They're all terrible. Oh my gosh. This one came from Elizabeth and you need to just do it. Okay. All right. Okay. So let me do the other one. Sorry, Elizabeth. This is no knock to you. She's going to take it as that. No, it's not. You should. Okay. So how about we do, she should take it as that. Yeah. I am not attacking her. I like her. She's our biggest fan. One of them. Yes. Donald Trump, Joe Biden and George Bush. I added the George Bush in
there. That one did this. These, she just gave me like a bunch of like names. I'll go right now. Okay. I'm Marianne George Bush. I'm fucking Biden. I'm killing Trump. Really? Can you fuck Biden? I don't know if it's hard. Not my problem. I am going to, and that you're not going to like this and I don't really care. A lot of people are not going to like this, but I'm going to kill Biden. Fuck Donald Trump.
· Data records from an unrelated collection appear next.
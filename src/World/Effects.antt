-- ===== src/World/Effects.antt =====
-- What recording, counting and updating do to the shared objects, as equations.
use solid_attention.Base.{
  ◌≡◌, refl, ap, ◌≢◌, Option, none, some, List, [], ◌∷◌, ◌++◌, ◌==◌, ==_iff, ok, Bool-cases, inl,
  inr, arith, append_assoc, append-nil,
}
use mathlib.Core.Path.{fun_ext}
use solid_attention.Float.{FloatOps}
use solid_attention.Block.{KvBlock}
use solid_attention.Trace.{TraceEvent, IsTimely, record_event-timely}
use solid_attention.Metrics.{Metrics, add}
use solid_attention.World.{Ref, World, update, record_trace, add_metrics}

module _ {Fl : Type 0} where
  -- The trace after some events, if there is a recorder.
  abbrev pub traced :
      List (TraceEvent Fl) → Option (List (TraceEvent Fl)) → Option (List (TraceEvent Fl))
  traced es none = none
  traced es (some old) = some (old ++ es)

  pub traced-nil : (t : Option (List (TraceEvent Fl))) → traced [] t ≡ t
  traced-nil none = refl
  traced-nil (some old) = ap some (append-nil old)

  pub traced-append :
      (es fs : List (TraceEvent Fl)) (t : Option (List (TraceEvent Fl)))
      → traced fs (traced es t) ≡ traced (es ++ fs) t
  traced-append es fs none = refl
  traced-append es fs (some old) = ap some (append_assoc old es fs)

  pub update_self : (r : Ref) (b : KvBlock Fl) (h : Ref → KvBlock Fl) → update r b h r ≡ b
  update_self r b h = ground arith

  pub update_ne : (r q : Ref) (b : KvBlock Fl) (h : Ref → KvBlock Fl) → q ≢ r → update r b h q ≡ h q
  update_ne r q b h n = ground arith

  pub update-update :
      (r : Ref) (b c : KvBlock Fl) (h : Ref → KvBlock Fl) → update r c (update r b h) ≡ update r c h
  update-update r b c h = fun_ext (λ q. ground arith)

  pub update_same : (r : Ref) (h : Ref → KvBlock Fl) → update r (h r) h ≡ h
  update_same r h = fun_ext (λ q. elim (Bool-cases (q == r)) [
    | inl here ↦ rw (here, (==_iff q r).0 here) refl
    | inr there ↦ rw there refl
  ])

module _ {Fl : Type 0} ⦃fl : FloatOps Fl⦄ where
  -- The metrics after some increments, if there is a collector.
  abbrev pub charged : List (Metrics Fl) → Option (Metrics Fl) → Option (Metrics Fl)
  charged [] m = m
  charged (d ∷ ds) none = none
  charged (d ∷ ds) (some m) = charged ds (some (add m d))

  pub charged-append :
      (ds es : List (Metrics Fl)) (m : Option (Metrics Fl))
      → charged es (charged ds m) ≡ charged (ds ++ es) m
  charged-append [] es m = refl
  charged-append (d ∷ ds) [] none = refl
  charged-append (d ∷ ds) (e ∷ es) none = refl
  charged-append (d ∷ ds) es (some m) = charged-append ds es (some (add m d))

  record_traced :
      (e : TraceEvent Fl) (w : World Fl) (t : Option (List (TraceEvent Fl)))
      → IsTimely e
      → record_trace e (record w { trace = t }) ≡ (ok tt, record w { trace = traced (e ∷ []) t })
  unfolding record_trace
  record_traced e w none h = refl
  record_traced e w (some old) h = rw (record_event-timely old e h, record_trace) refl

  -- An event that ends no earlier than it starts is recorded.
  pub record_trace-timely :
      (e : TraceEvent Fl) (w : World Fl)
      → IsTimely e
      → record_trace e w ≡ (ok tt, record w { trace = traced (e ∷ []) w.trace })
  record_trace-timely e w h = record_traced e w w.trace h

  added :
      (d : Metrics Fl) (w : World Fl) (m : Option (Metrics Fl))
      → add_metrics d (record w { metrics = m })
        ≡ (ok tt, record w { metrics = charged (d ∷ []) m })
  unfolding add_metrics
  added d w none = refl
  added d w (some m) = refl

  pub add_metrics_lem :
      (d : Metrics Fl) (w : World Fl)
      → add_metrics d w ≡ (ok tt, record w { metrics = charged (d ∷ []) w.metrics })
  add_metrics_lem d w = added d w w.metrics
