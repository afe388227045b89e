-- ===== src/Store/Held.antt =====
-- core/block_store.py: references that the store holds, and what is left behind by an operation
-- that moves one of them, records an event and counts.
use solid_attention.Base.{◌≡◌, some, List, ◌++◌, ◌∙◌, ap}
use solid_attention.Base.Dict.{get}
use solid_attention.Float.{FloatOps}
use solid_attention.Block.{BlockLocation, key, key_discrete, move_to}
use solid_attention.Metrics.{Metrics}
use solid_attention.Store.Moves.{key-update_move}
use solid_attention.Trace.{TraceEvent}
use solid_attention.World.{Ref, World, update}
use solid_attention.World.Effects.{
  traced, charged, update_self, update-update, traced-append, charged-append,
}

-- The reference is the one that the store has under the key of its block.
abbrev pub Stored : {Fl : Type 0} → World Fl → Ref → Type 0
Stored w r = get key_discrete (key (w.heap r)) w.blocks ≡ some r

module _ {Fl : Type 0} ⦃fl : FloatOps Fl⦄ where
  -- The world after an operation that put the block at a location.
  abbrev pub after_op :
      Ref → BlockLocation → List (TraceEvent Fl) → List (Metrics Fl) → World Fl → World Fl
  after_op r l ops ds w = record w {
    heap = update r (move_to l (w.heap r)) w.heap;
    trace = traced ops w.trace;
    metrics = charged ds w.metrics;
  }

  -- Two operations on one block, as one.
  pub after_op_twice :
      (r : Ref) (l m : BlockLocation) (ops ops' : List (TraceEvent Fl)) (ds ds' : List (Metrics Fl))
      (w : World Fl)
      → after_op r m ops' ds' (after_op r l ops ds w) ≡ after_op r m (ops ++ ops') (ds ++ ds') w
  after_op_twice r l m ops ops' ds ds' w = λ i. record {
    heap =
        (ap (λ b. update r (move_to m b) (update r (move_to l (w.heap r)) w.heap))
              (update_self r (move_to l (w.heap r)) w.heap)
            ∙ update-update r _ _ w.heap)
          i;
    blocks = w.blocks;
    trace = traced-append ops ops' w.trace i;
    metrics = charged-append ds ds' w.metrics i;
  }

  -- A move leaves every stored reference where the store has it.
  pub Stored-after_op :
      (r q : Ref) (l : BlockLocation) (ops : List (TraceEvent Fl)) (ds : List (Metrics Fl))
      (w : World Fl)
      → Stored w q
      → Stored (after_op r l ops ds w) q
  Stored-after_op r q l ops ds w h =
      ap (λ k. get key_discrete k w.blocks) (key-update_move l r q w.heap) ∙ h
I don't know. Yeah. Fuck Donald Trump
and marry George Bush. I don't know. Really want to marry George Bush. I think he's kind of like, but like I honestly would probably, I might George W Bush, George W Bush. Yeah. No, I'm like the only one that was alive when, or like president when we were alive. Wait, what's the other one? I guess he was a baby. We were babies. Yeah. Yeah. So fuck Donald Trump. Honestly, I'm not going to say anything else, but I'm going to marry either Trump
or Bush, but I'm killing Biden. I don't know. He's just so annoying and just like the worst. I did not say anything bad. Like I just think he's, he needs to retire. That's all I say. Listen, you can go ahead and marry Donald Trump. He might be in prison and then you can just spend all his money. Exactly. Oh my God. But also they're trying to impeach Biden right now for whatever his son did. That's enough politics for me. Oh my God.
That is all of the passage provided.